Once built, the wall was broken, the tiles arrayed in elaborate patterns like and yet unlike those used to read into the well-being of the Thirteen Orphans.
“Franklin is definitely here,” Albert said, with satisfaction. He turned over one tile, then another. “Interesting. Three bamboo. Three strong subordinates. One character.”
“That will be Tracy Frye,” Shen said, and no one questioned his certainty. Dragons tended to know things. Shen turned another tile. “Nine dots. Likely the household staff.”
“If Franklin is like most of us,” Albert said, “these will probably not stay on the property—or have their motions restricted—when he expects to discuss occult matters. Rules as to secrecy are even stricter among the indigenous groups than among the Thirteen.”
“This would seem to indicate that we have at least glimpsed the entire cabal,” Pearl said. “The three who were here and Tracy Frye.”
“Our focus,” Albert reminded her, “was on those we might face if we went after the mah-jong tiles. The cabal could be much larger, simply waiting for these to do the dirty work.”
“True,” Pearl admitted.
“Deng’s state of mind is interesting,” Shen said when they had turned a few more tiles. “North winds and green dragons. Cold aggression teamed with vibrant growth—the focus on profit.”
“But no suspicion,” Shen said. “No peacocks screaming warning. He anticipates controlling whatever game it is he has in mind—both with us, and with Ms. Frye.”
Pearl leaned back, stretching like a satisfied cat.
“Well, he’s in for a surprise. Let’s do our best to make sure that surprise is not mutual.”
Shen, Albert
, and Pearl spent the remainder of the day acquiring the knowledge they hoped would help them regain the mah-jong sets.
Albert took over Pearl’s computer and began searching out everything he could learn about Franklin Deng’s Woodside estate. The Web yielded not only overhead photos, but a variety of views, both from various gala events and from occasional private tours of the vineyard.
Pearl and Shen reviewed various spells, for, although Albert had been well taught, there was no doubt that their knowledge was both more sophisticated and more intense.
As he researched, Albert periodically called Shen or Pearl over to see what he had learned. None of it was encouraging. Delight Vineyards was fenced. Albert zoomed in to inspect details in various photos and said he felt fairly sure that not only did the place have an electronic alarm system, it also had guard dogs.
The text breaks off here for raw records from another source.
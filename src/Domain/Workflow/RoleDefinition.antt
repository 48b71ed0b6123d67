-- ===== src/Domain/Workflow/RoleDefinition.antt =====
-- src/domain/workflow/role_definition.ts: what a role is in a project.
use toaa.Base.{List, [], ◌∷◌, Option, none, String, or_else, same, keep}
use toaa.Domain.Objects.{ObjectEnvelope, Timestamp, revise_object_envelope}
use toaa.Domain.Roles.{
  DomainRole, project_manager, requirements_engineer, system_engineer, integrator, developer,
  tester, Role,
}
use toaa.Domain.Steps.{StepType, step_types}
use toaa.Domain.Tickets.Types.{TicketType}
use toaa.Domain.Workflow.RoleProfile.{
  capabilities_for_role, default_agent_for_role, role_for_step_type,
  supported_ticket_types_for_role,
}

-- The fields of a `RoleDefinition` beside its envelope.
pub record RoleContent : Type 0 where
  pub role : DomainRole
  pub role_prompt : String
  pub capability_prompt : String
  pub capabilities : List String
  pub supported_step_types : List StepType
  pub supported_ticket_types : List TicketType
  pub default_agent : Role
  pub allowed_tools : List String
  pub prohibitions : List String

-- `RoleDefinitionSchema`
pub record RoleDefinition : Type 0 where
  pub envelope : ObjectEnvelope
  pub open envelope use {id, name, revision}
  pub content : RoleContent
  pub open content use *

-- `reviseRoleDefinition`, with the content after the changes.
unfoldable pub revise_role_definition : RoleDefinition → RoleContent → Timestamp → RoleDefinition
revise_role_definition definition content now = record {
  envelope = revise_object_envelope definition.envelope none now;
  content = content;
}

-- An entry of `ROLE_PROMPTS`.
pub record RolePrompts : Type 0 where
  pub role : String
  pub capability : String
  pub prohibitions : List String

-- `ROLE_PROMPTS`
abbrev pub role_prompts : DomainRole → RolePrompts
role_prompts project_manager = record {
  role = "You manage the project: scope, schedule, routing, risk, and delivery gates.";
  capability = "Choose among the commands Domain policy already permits, and record why.";
  prohibitions =
      "Do not author requirements, design, code, or tests on behalf of a professional role."
      ∷ "Do not declare a failed gate successful." ∷ [];
}
role_prompts requirements_engineer = record {
  role =
      "You turn a request into verifiable requirements and own the functional baseline tests paired with acceptance.";
  capability =
      "State observable behaviour and author executable functional baseline cases from it.";
  prohibitions = "Do not implement the solution." ∷ [];
}
role_prompts system_engineer = record {
  role = "You design the system and its modules, and the tests paired with each design level.";
  capability = "Define interfaces, dependencies, and the contracts downstream work must satisfy.";
  prohibitions = "Do not weaken a contract to make an implementation easier." ∷ [];
}
role_prompts integrator = record {
  role = "You verify that independently built parts satisfy their integration contracts.";
  capability =
      "Inspect paired tests, add isolated risk supplements, freeze the suite, and exercise real interfaces.";
  prohibitions = "Do not modify the implementation under verification." ∷ [];
}
role_prompts developer = record {
  role = "You implement the design and repair defects found against it.";
  capability =
      "Write code and unit tests that satisfy the accepted design and acceptance criteria.";
  prohibitions =
      "Do not change accepted tests to make an implementation pass."
      ∷ "Do not expand scope beyond the assigned Ticket." ∷ [];
}
role_prompts tester = record {
  role = "You verify delivered work against its acceptance criteria and report evidence.";
  capability =
      "Inspect paired tests, add isolated risk supplements, freeze the suite, and record measured results.";
  prohibitions = "Do not rewrite source to make a test pass." ∷ [];
}

-- An entry of a `RoleTemplateOverlay`; one that is absent has no field.
pub record RoleTemplate : Type 0 where
  pub role_prompt : Option String
  pub capability_prompt : Option String
  pub prohibitions : Option (List String)
  pub allowed_tools : Option (List String)

unfoldable pub DomainRole-discrete : Discrete DomainRole
DomainRole-discrete = hlevel

-- `seedRoleDefinition`
unfoldable pub seed_role_definition : DomainRole → (DomainRole → RoleTemplate) → RoleContent
unfolding DomainRole-discrete role_for_step_type
seed_role_definition role overlay =
    let prompts = role_prompts role in
    let template = overlay role in
    record {
      role = role;
      role_prompt = or_else template.role_prompt prompts.role;
      capability_prompt = or_else template.capability_prompt prompts.capability;
      capabilities = capabilities_for_role role;
      supported_step_types =
          keep (λ type. same DomainRole-discrete (role_for_step_type type) role) step_types;
      supported_ticket_types = supported_ticket_types_for_role role;
      default_agent = default_agent_for_role role;
      allowed_tools = or_else template.allowed_tools [];
      prohibitions = or_else template.prohibitions prompts.prohibitions;
    }
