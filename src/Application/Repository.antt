-- ===== src/Application/Repository.antt =====
-- src/domain/ports/repository.ts: what the services read of the persisted objects.
use toaa.Base.{List, Result}
use toaa.Domain.Objects.{ObjectId, ObjectEnvelope}
use toaa.Domain.Tickets.Ticket.{Ticket}
use toaa.Domain.Steps.{Step}
use toaa.Domain.Phases.{Phase}
use toaa.Domain.Projects.{Project}
use toaa.Domain.ProjectManagement.Actor.{ActorRegistration}
use toaa.Domain.ProjectManagement.Assignment.{TicketAssignment}
use toaa.Domain.ProjectManagement.Trace.{TicketTraceEvent}
use toaa.Domain.Observability.{DomainEvent}
use toaa.Domain.Workflow.RoleDefinition.{RoleDefinition}

-- `PersistedDomainObject`: the kinds that the services tell apart, and the envelope of any other.
pub data PersistedObject : Type 0 where
  project_object : Project → PersistedObject
  phase_object : Phase → PersistedObject
  step_object : Step → PersistedObject
  ticket_object : Ticket → PersistedObject
  actor_object : ActorRegistration → PersistedObject
  assignment_object : TicketAssignment → PersistedObject
  trace_object : TicketTraceEvent → PersistedObject
  event_object : DomainEvent → PersistedObject
  definition_object : RoleDefinition → PersistedObject
  other_object : ObjectEnvelope → PersistedObject

-- `DomainObjectRepositoryPort`, of which the services use `read` and the lists of all
-- Tickets and of all trace events.
-- `E` is what `read` throws.
pub record RepositoryPort (E : Type 0) : Type 0 where
  pub read : ObjectId → Result E PersistedObject
  pub tickets : List Ticket
  pub trace_events : List TicketTraceEvent
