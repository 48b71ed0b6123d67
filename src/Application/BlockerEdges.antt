-- ===== src/Application/BlockerEdges.antt =====
-- src/application/project_management/ticket_blocker_service.ts: the blockers of a Ticket and what is
-- recorded of them.
use toaa.Base.{
  if◌then◌else◌, Bool, true, false, not, List, [], ◌∷◌, ◌++◌, map, some, String, keep, ◌==◌,
}
use toaa.Domain.Objects.{ObjectId, ObjectType, Timestamp}
use toaa.Domain.Roles.{PendingReason}
use toaa.Domain.Observability.{EventPayload, DomainEvent, create_domain_event}
use toaa.Domain.Tickets.Types.{TicketState}
use toaa.Domain.Tickets.Ticket.{Ticket}
use toaa.Domain.Tickets.Records.{set_of}
use toaa.Application.Repository.{PersistedObject, ticket_object}

-- `BlockReason`
pub data BlockReason : Type 0 where
  defect quality_gap dependency : BlockReason

abbrev pub pending_reason_of : BlockReason → PendingReason
pending_reason_of defect = PendingReason.defect
pending_reason_of quality_gap = PendingReason.quality_gap
pending_reason_of dependency = PendingReason.dependency

-- The text of a reason in a template.
abbrev pub reason_text : BlockReason → String
reason_text defect = "defect"
reason_text quality_gap = "quality-gap"
reason_text dependency = "dependency"

-- `work.state === 'closed' || work.state === 'cancelled'`
abbrev pub is_terminal : TicketState → Bool
is_terminal TicketState.closed = true
is_terminal TicketState.cancelled = true
is_terminal _ = false

abbrev pub executes : TicketState → Bool
executes TicketState.in_progress = true
executes _ = false

abbrev pub waits : TicketState → Bool
waits TicketState.pending = true
waits _ = false

abbrev pub no_ids : List ObjectId → Bool
no_ids [] = true
no_ids (id ∷ ids) = false

-- `{ ...ticket, blockedByTicketIds: [...new Set([...ticket.blockedByTicketIds, blockerId])] }`
unfoldable pub blocked_by : Ticket → ObjectId → Ticket
unfolding set_of
blocked_by t blocker_id = record t {
  blocked_by_ticket_ids = set_of [] (t.blocked_by_ticket_ids ++ blocker_id ∷ []);
}

-- `blocked.blockedByTicketIds.filter((id) => id !== blockerId)`
abbrev pub without : Ticket → ObjectId → List ObjectId
without t blocker_id = keep (λ id. not (id == blocker_id)) t.blocked_by_ticket_ids

abbrev pub replaced : Ticket → PersistedObject → PersistedObject
replaced t (ticket_object u) = if u.id == t.id then ticket_object t else ticket_object u
replaced t object = object

-- `replaceTicket`
abbrev pub replace_ticket : List PersistedObject → Ticket → List PersistedObject
replace_ticket objects t = map (replaced t) objects

-- The event of a blocker that comes or goes.
unfoldable pub blocker_event :
    ObjectId → String → EventPayload → Ticket → ObjectId → Ticket → Timestamp → DomainEvent
unfolding create_domain_event
blocker_event id event_type payload t blocker_id updated now =
    create_domain_event id
      (record {
        project_id = t.project_id;
        aggregate = record { id = t.id; object_type = ObjectType.ticket };
        event_type = event_type;
        payload = payload;
        phase_id = some t.phase_id;
        step_id = t.step_id;
        ticket_id = some t.id;
        correlation_id = t.source.correlation_id;
        causation_id = some blocker_id;
        object_revision = some updated.revision;
      })
      now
“See,” he said, showing them a detail on a photo. “That’s a kennel, and those aren’t Pekingese in there. More like Dobermans.”
Shen had been poring over some closely written scrolls he had brought with him from New York, and Pearl recognized an increasing mood of cheerfulness, but whenever pressed, he refused to say anything.
“There’s something I’m going to need to check first,” he said, “when we meet Tracy tonight. It’s not worth wasting your time with explanations if that doesn’t pan out. Keep planning. None of what you’re doing will be wasted.”